Similarity/Diversity plotting

Contents - Index - Previous - Next

Similarity/Diversity plotting

This is a good first step to cover, because it is faster and more intuitive than bootscanning. The results don't look as dramatic as bootscanning, but that is why similarity/diversity plots are more intuitive: in similarity/diversity plots one can see how similar/different two sequences are, not just how much more related they are to each other than to the other sequences/groups being compared (i.e. absolute versus relative similarity). An example of this sort of confusion is demonstrated on the Pitfalls page.

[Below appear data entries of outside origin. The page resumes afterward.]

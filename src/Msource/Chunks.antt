-- ===== src/Msource/Chunks.antt =====
-- The doubly linked list of a source's mapped blocks, as the list of their addresses.
use pgasus.Common.{All, ℕ, ◌+◌, ◌≤◌, ◌≡◌, ◌≢◌, ◌⊎◌, refl, sym, ◌∙◌, List, [], ◌∷◌, arith, subst}
use pgasus.Msource.World.{Memory, write, source_of, arena_of, prev_of, next_of, footer_of}

-- The headers of two blocks do not overlap.
abbrev pub Apart : ℕ → ℕ → Type 0
Apart x y = (x + 40 ≤ y) ⊎ (y + 40 ≤ x)

abbrev pub AllApart : ℕ → List ℕ → Type 0
AllApart x xs = All (Apart x) xs

unfoldable pub Spread : List ℕ → Type 0
Spread [] = Unit
Spread (x ∷ xs) = AllApart x xs × Spread xs

-- The header of the block at `x` of the source `ms`, whose predecessor is `p`.
pub record Header (m : Memory) (ms p x : ℕ) : Type 0 where
  pub valid : x ≢ 0
  pub prev : prev_of m x ≡ p
  pub source : source_of m (footer_of x) ≡ ms
  pub arena : arena_of m (footer_of x) ≡ 0

-- The blocks from `h`, which follows `p`, up to `q`, which `t` follows.
unfoldable pub Segment : Memory → ℕ → (p h : ℕ) → List ℕ → (q t : ℕ) → Type 0
Segment m ms p h [] q t = (p ≡ q) × (h ≡ t)
Segment m ms p h (x ∷ xs) q t = (h ≡ x) × Header m ms p x × Segment m ms x (next_of m x) xs q t

-- The memories agree on the headers.
abbrev pub Agree : Memory → Memory → List ℕ → Type 0
Agree m m' xs = All (λ x. (a : ℕ) → x ≤ a → a ≤ x + 32 → m' a ≡ m a) xs

pub Agree-Segment :
    (m m' : Memory) (ms p h : ℕ) (xs : List ℕ) (q t : ℕ)
    → Agree m m' xs
    → Segment m ms p h xs q t
    → Segment m' ms p h xs q t
unfolding Segment
Agree-Segment m m' ms p h [] q t agree s = s
Agree-Segment m m' ms p h (x ∷ xs) q t (here, agree) (e, header, s) = (
  e,
  record {
    valid = header.valid;
    prev = here (x + 8) (omega arith) (omega arith) ∙ header.prev;
    source = here (x + 24) (omega arith) (omega arith) ∙ header.source;
    arena = here (x + 24 + 8) (omega arith) (omega arith) ∙ header.arena;
  },
  subst (λ n. Segment m' ms x n xs q t) (sym (here (x + 16) (omega arith) (omega arith)))
      (Agree-Segment m m' ms x (next_of m x) xs q t agree s),
)

-- A word of the block at `c` is outside the headers of the others.
pub AllApart-Agree :
    (c i v : ℕ) (m : Memory) (xs : List ℕ) → i ≤ 32 → AllApart c xs → Agree m (write (c + i) v m) xs
unfolding write
AllApart-Agree c i v m [] h apart = tt
AllApart-Agree c i v m (x ∷ xs) h (here, apart) =
    (λ a le ge. ground (arith, here, h, le, ge), AllApart-Agree c i v m xs h apart)

pub Agree-trans :
    (m m' m'' : Memory) (xs : List ℕ) → Agree m m' xs → Agree m' m'' xs → Agree m m'' xs
Agree-trans m m' m'' [] a b = tt
Agree-trans m m' m'' (x ∷ xs) (here, a) (there, b) =
    (λ i le ge. there i le ge ∙ here i le ge, Agree-trans m m' m'' xs a b)

-- A new predecessor for the first block.
pub set_prev-Segment :
    (m : Memory) (ms p p' x : ℕ) (xs : List ℕ) (q t : ℕ)
    → Spread (x ∷ xs)
    → Segment m ms p x (x ∷ xs) q t
    → Segment (write (x + 8) p' m) ms p' x (x ∷ xs) q t
unfolding Segment Spread write
set_prev-Segment m ms p p' x xs q t (apart, spread) (e, header, s) = (
  refl,
  record {
    valid = header.valid;
    prev = ground arith;
    source = ground (arith, header.source);
    arena = ground (arith, header.arena);
  },
  subst (λ n. Segment (write (x + 8) p' m) ms x n xs q t) (ground arith)
      (Agree-Segment m (write (x + 8) p' m) ms x (next_of m x) xs q t
        (AllApart-Agree x 8 p' m xs (omega arith) apart) s),
)

-- The last block is one of the blocks.
pub last-All :
    (P : ℕ → Type 0) (m : Memory) (ms p h : ℕ) (x : ℕ) (xs : List ℕ) (q t : ℕ)
    → All P (x ∷ xs)
    → Segment m ms p h (x ∷ xs) q t
    → P q
unfolding Segment
last-All P m ms p h x [] q t (here, _) (_, _, (e, _)) = subst P e here
last-All P m ms p h x (y ∷ ys) q t (_, all) (_, _, s) =
    last-All P m ms x (next_of m x) y ys q t all s

-- A new successor for the last block `q`.
pub set_next-Segment :
    (m : Memory) (ms p h : ℕ) (xs : List ℕ) (q t t' : ℕ)
    → q ≢ p
    → Spread xs
    → Segment m ms p h xs q t
    → Segment (write (q + 16) t' m) ms p h xs q t'
unfolding Segment Spread write
set_next-Segment m ms p h [] q t t' other spread (e, e') = absurd (other (sym e))
set_next-Segment m ms p h (x ∷ []) q t t' other (apart, spread) (e, header, s) = (
  e,
  record {
    valid = header.valid;
    prev = ground (arith, header.prev);
    source = ground (arith, s, header.source);
    arena = ground (arith, s, header.arena);
  },
  (s.0, ground (arith, s)),
)
set_next-Segment m ms p h (x ∷ y ∷ ys) q t t' other (apart, spread) (e, header, s) =
    let far = last-All (Apart x) m ms x (next_of m x) y ys q t apart s in
    (
      e,
      record {
        valid = header.valid;
        prev = ground (arith, far, header.prev);
        source = ground (arith, far, header.source);
        arena = ground (arith, far, header.arena);
      },
      subst (λ n. Segment (write (q + 16) t' m) ms x n (y ∷ ys) q t') (ground (arith, far))
          (set_next-Segment m ms x (next_of m x) (y ∷ ys) q t t' (omega (arith, far)) spread s),
    )

pub last-valid :
    (m : Memory) (ms p h x : ℕ) (xs : List ℕ) (q t : ℕ) → Segment m ms p h (x ∷ xs) q t → q ≢ 0
unfolding Segment
last-valid m ms p h x [] q t (_, header, (e, _)) = λ z. header.valid (e ∙ z)
last-valid m ms p h x (y ∷ ys) q t (_, _, s) = last-valid m ms x (next_of m x) y ys q t s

First, click on the "SimPlot" tab (next to the "SeqPage" tab) to flip to the chart that's used to plot similarity and diversity. Use the Commands menu to select a query group, then go again to the Commands menu and select "Do SimPlot". If you have not altered any of the options, this will generate a similarity plot using the 2-parameter (Kimura) distance model, in a sliding window of 200 nucleotides, step size of 20. It will look something like this:

Clicking on the Y axis (on the left) will allow selection from a number of options. From the same plot, selecting diversity plot and decimal display results in the following diversity plot:

Note that the plots appear to be missing about 100 residues at each end - this is because each point is placed at the midpoint of the window it represents. These gaps will always be 1/2 the window size.

To adjust the Window size or Step size, just click on them and choose a new value:

Larger window sizes will tend to flatten the curves, increasing accuracy of distance measurements but reducing the likelihood of observing evidence for small recombinant segments.

Smaller step sizes add more detail by adding more data points, and thus plots with small step sizes take longer.

Note: The raw values of the plots can be saved in comma-delimited format from the File menu.